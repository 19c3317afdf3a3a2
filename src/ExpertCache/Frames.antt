-- ===== src/ExpertCache/Frames.antt =====
-- What the loop over the misses leaves alone: the seats of experts that wait for their copies, the
-- bytes, the queue, and, if nothing is issued, the table.
use mathlib.Core.Path.{subst}
use vllm_exl3_plugin.Base.{
  ℕ, ◌/◌, ◌%◌, ◌≡◌, ◌≢◌, inl, inr, refl, sym, ◌∙◌, true, none, some, List, [], ◌∷◌, ◌++◌, arith,
  leb, In, Distinct, Bool-cases, In-append_left, length,
}
use vllm_exl3_plugin.ExpertCache.State.{Layout, Ref, update2}
use vllm_exl3_plugin.ExpertCache.Demand.{Demand}
use vllm_exl3_plugin.ExpertCache.Planning.{Plan, release, claim, place, place_all}
use vllm_exl3_plugin.ExpertCache.Tables.{IsWellFormed}
use vllm_exl3_plugin.ExpertCache.Coherence.{update2_ne, along}
use vllm_exl3_plugin.ExpertCache.Plans.{
  PlanOk, place_cases, place-PlanOk, place_new, Out, key_parts,
}
use vllm_exl3_plugin.ExpertCache.Order.{keys}

-- From one plan to a later one, for the experts in `queued`.
pub record Keeps (queued : List Ref) (p p' : Plan) : Type 0 where
  pub seats : (l e : ℕ) → In (l, e) queued → p'.cache.slot_of l e ≡ p.cache.slot_of l e
  pub bytes : p'.cache.contents ≡ p.cache.contents
  pub queue : p'.cache.pending ≡ p.cache.pending
  pub idle : (p.issued ≡ [] → p.updates ≡ []) → p'.issued ≡ [] → p'.updates ≡ []

Keeps-refl : (queued : List Ref) (p : Plan) → Keeps queued p p
Keeps-refl queued p = record {
  seats = λ l e i. refl;
  bytes = refl;
  queue = refl;
  idle = λ h i. h i;
}

Keeps-trans :
    (queued : List Ref) (p q r : Plan) → Keeps queued p q → Keeps queued q r → Keeps queued p r
Keeps-trans queued p q r a b = record {
  seats = λ l e i. b.seats l e i ∙ a.seats l e i;
  bytes = b.bytes ∙ a.bytes;
  queue = b.queue ∙ a.queue;
  idle = λ h. b.idle (a.idle h);
}

snoc_nonempty : (xs : List Ref) (x : Ref) → xs ++ x ∷ [] ≢ []
snoc_nonempty [] x h = cc
snoc_nonempty (y ∷ xs) x h = cc

module _ (K : Layout) (wf : IsWellFormed K) (queued : List Ref) where
  claim-Keeps :
      (p : Plan) (l s e : ℕ)
      → PlanOk K wf queued p
      → p.cache.slot_of l e ≡ none
      → Keeps queued p (claim K p l s e)
  unfolding claim
  claim-Keeps p l s e c new = record {
    seats = λ l' e' i. update2_ne p.cache.slot_of l e (some s) l' e' (λ a b.
        let (dead, (t, seat)) = c.waits l' e' (In-append_left (l', e') queued p.issued i) in
        let gone = along (λ x y. p.cache.slot_of x y ≡ none) a b new in absurd (ground arith));
    bytes = refl;
    queue = refl;
    idle = λ h i. absurd (snoc_nonempty p.issued (l, e) i);
  }

  swap-Keeps :
      (p : Plan) (l s e old : ℕ)
      → PlanOk K wf queued p
      → p.cache.slot_of l e ≡ none
      → p.cache.live l old ≡ true
      → Keeps queued p (claim K (release K p l old) l s e)
  unfolding claim release
  swap-Keeps p l s e old c new alive = record {
    seats = λ l' e' i.
        let (dead, (t, seat)) = c.waits l' e' (In-append_left (l', e') queued p.issued i) in
        update2_ne (update2 p.cache.slot_of l old none) l e (some s) l' e' (λ a b.
          let gone = along (λ x y. p.cache.slot_of x y ≡ none) a b new in absurd (ground arith))
        ∙ update2_ne p.cache.slot_of l old none l' e' (λ a b.
          let on = along (λ x y. p.cache.live x y ≡ true) a b alive in absurd (ground arith));
    bytes = refl;
    queue = refl;
    idle = λ h i. absurd (snoc_nonempty p.issued (l, e) i);
  }

  place-Keeps :
      (p : Plan) (l e : ℕ)
      → PlanOk K wf queued p
      → p.cache.slot_of l e ≡ none
      → Keeps queued p (place K p l e)
  place-Keeps p l e c new = elim (place_cases K wf queued p l e) [
    | inl q ↦ subst (Keeps queued p) (sym q) (Keeps-refl queued p)
    | inr (inl (s, o, q)) ↦ subst (Keeps queued p) (sym q) (claim-Keeps p l s e c new)
    | inr (inr (s, old, o, a, q)) ↦ subst (Keeps queued p) (sym q) (swap-Keeps p l s e old c new a)
  ]

  pub place_all-Keeps :
      (ds : List Demand) (p : Plan)
      → PlanOk K wf queued p
      → Distinct (keys ds)
      → Out K wf queued p ds
      → Keeps queued p (place_all K ds p)
  unfolding place_all
  place_all-Keeps [] p c d out = Keeps-refl queued p
  place_all-Keeps (x ∷ ds) p c (new, d) out =
      let l = x.key / K.experts in
      let e = x.key % K.experts in
      let next = place K p l e in
      let here = out x.key (inl refl) in
      let rest = place_all-Keeps ds next (place-PlanOk K wf queued p l e c here) d (λ k m.
        place_new K wf queued p l e (k / K.experts) (k % K.experts) (out k (inr m))
          (λ a b. new (subst (λ t. In t (keys ds)) (key_parts k x.key K.experts a b) m))) in
      elim (Bool-cases (leb K.budget (length p.issued))) [
        | inl t ↦ rw t (Keeps-refl queued p)
        | inr t ↦
            rw t (Keeps-trans queued p next (place_all K ds next) (place-Keeps p l e c here) rest)
      ]
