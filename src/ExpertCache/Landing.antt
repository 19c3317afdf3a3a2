-- ===== src/ExpertCache/Landing.antt =====
-- The first part of `step_begin`: promotions whose copies have landed are pointed at their slots.
use vllm_exl3_plugin.Base.{ℕ, Bool, true, List, [], ◌∷◌, ◌++◌, if◌then◌else◌}
use vllm_exl3_plugin.ExpertCache.State.{Layout, Cache, Batch, Ref, Update, update2, write}
use vllm_exl3_plugin.ExpertCache.Writes.{to_slot}

module _ (K : Layout) where
  -- The promotions whose copies have landed, up to the first that
  -- has not, and the rest of the queue.
  unfoldable pub pop_landed : List Batch → List Ref × List Batch
  pop_landed [] = ([], [])
  pop_landed (b ∷ bs) =
      let rest = pop_landed bs in if b.landed then (b.moved ++ rest.0, rest.1) else ([], b ∷ bs)

  -- The loop over them: table updates, and `live`.
  unfoldable pub flips : Cache → List Ref → List Update
  unfolding to_slot
  flips c [] = []
  flips c (r ∷ refs) = to_slot K c r ++ flips c refs

  unfoldable pub mark_live : List Ref → (ℕ → ℕ → Bool) → ℕ → ℕ → Bool
  mark_live [] live = live
  mark_live ((l, e) ∷ refs) live = mark_live refs (update2 live l e true)

  unfoldable pub land_flips : Cache → Cache
  unfolding pop_landed flips mark_live
  land_flips c =
      let (done, queue) = pop_landed c.pending in
      record c {
        table = write c.table (flips c done);
        live = mark_live done c.live;
        pending = queue;
      }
====
» TASK ITEM:
Gather all lines from the listing above in which "length" occurs.

» EXERCISE OUTPUT:
  leb, In, Distinct, Bool-cases, In-append_left, length,
      elim (Bool-cases (leb K.budget (length p.issued))) [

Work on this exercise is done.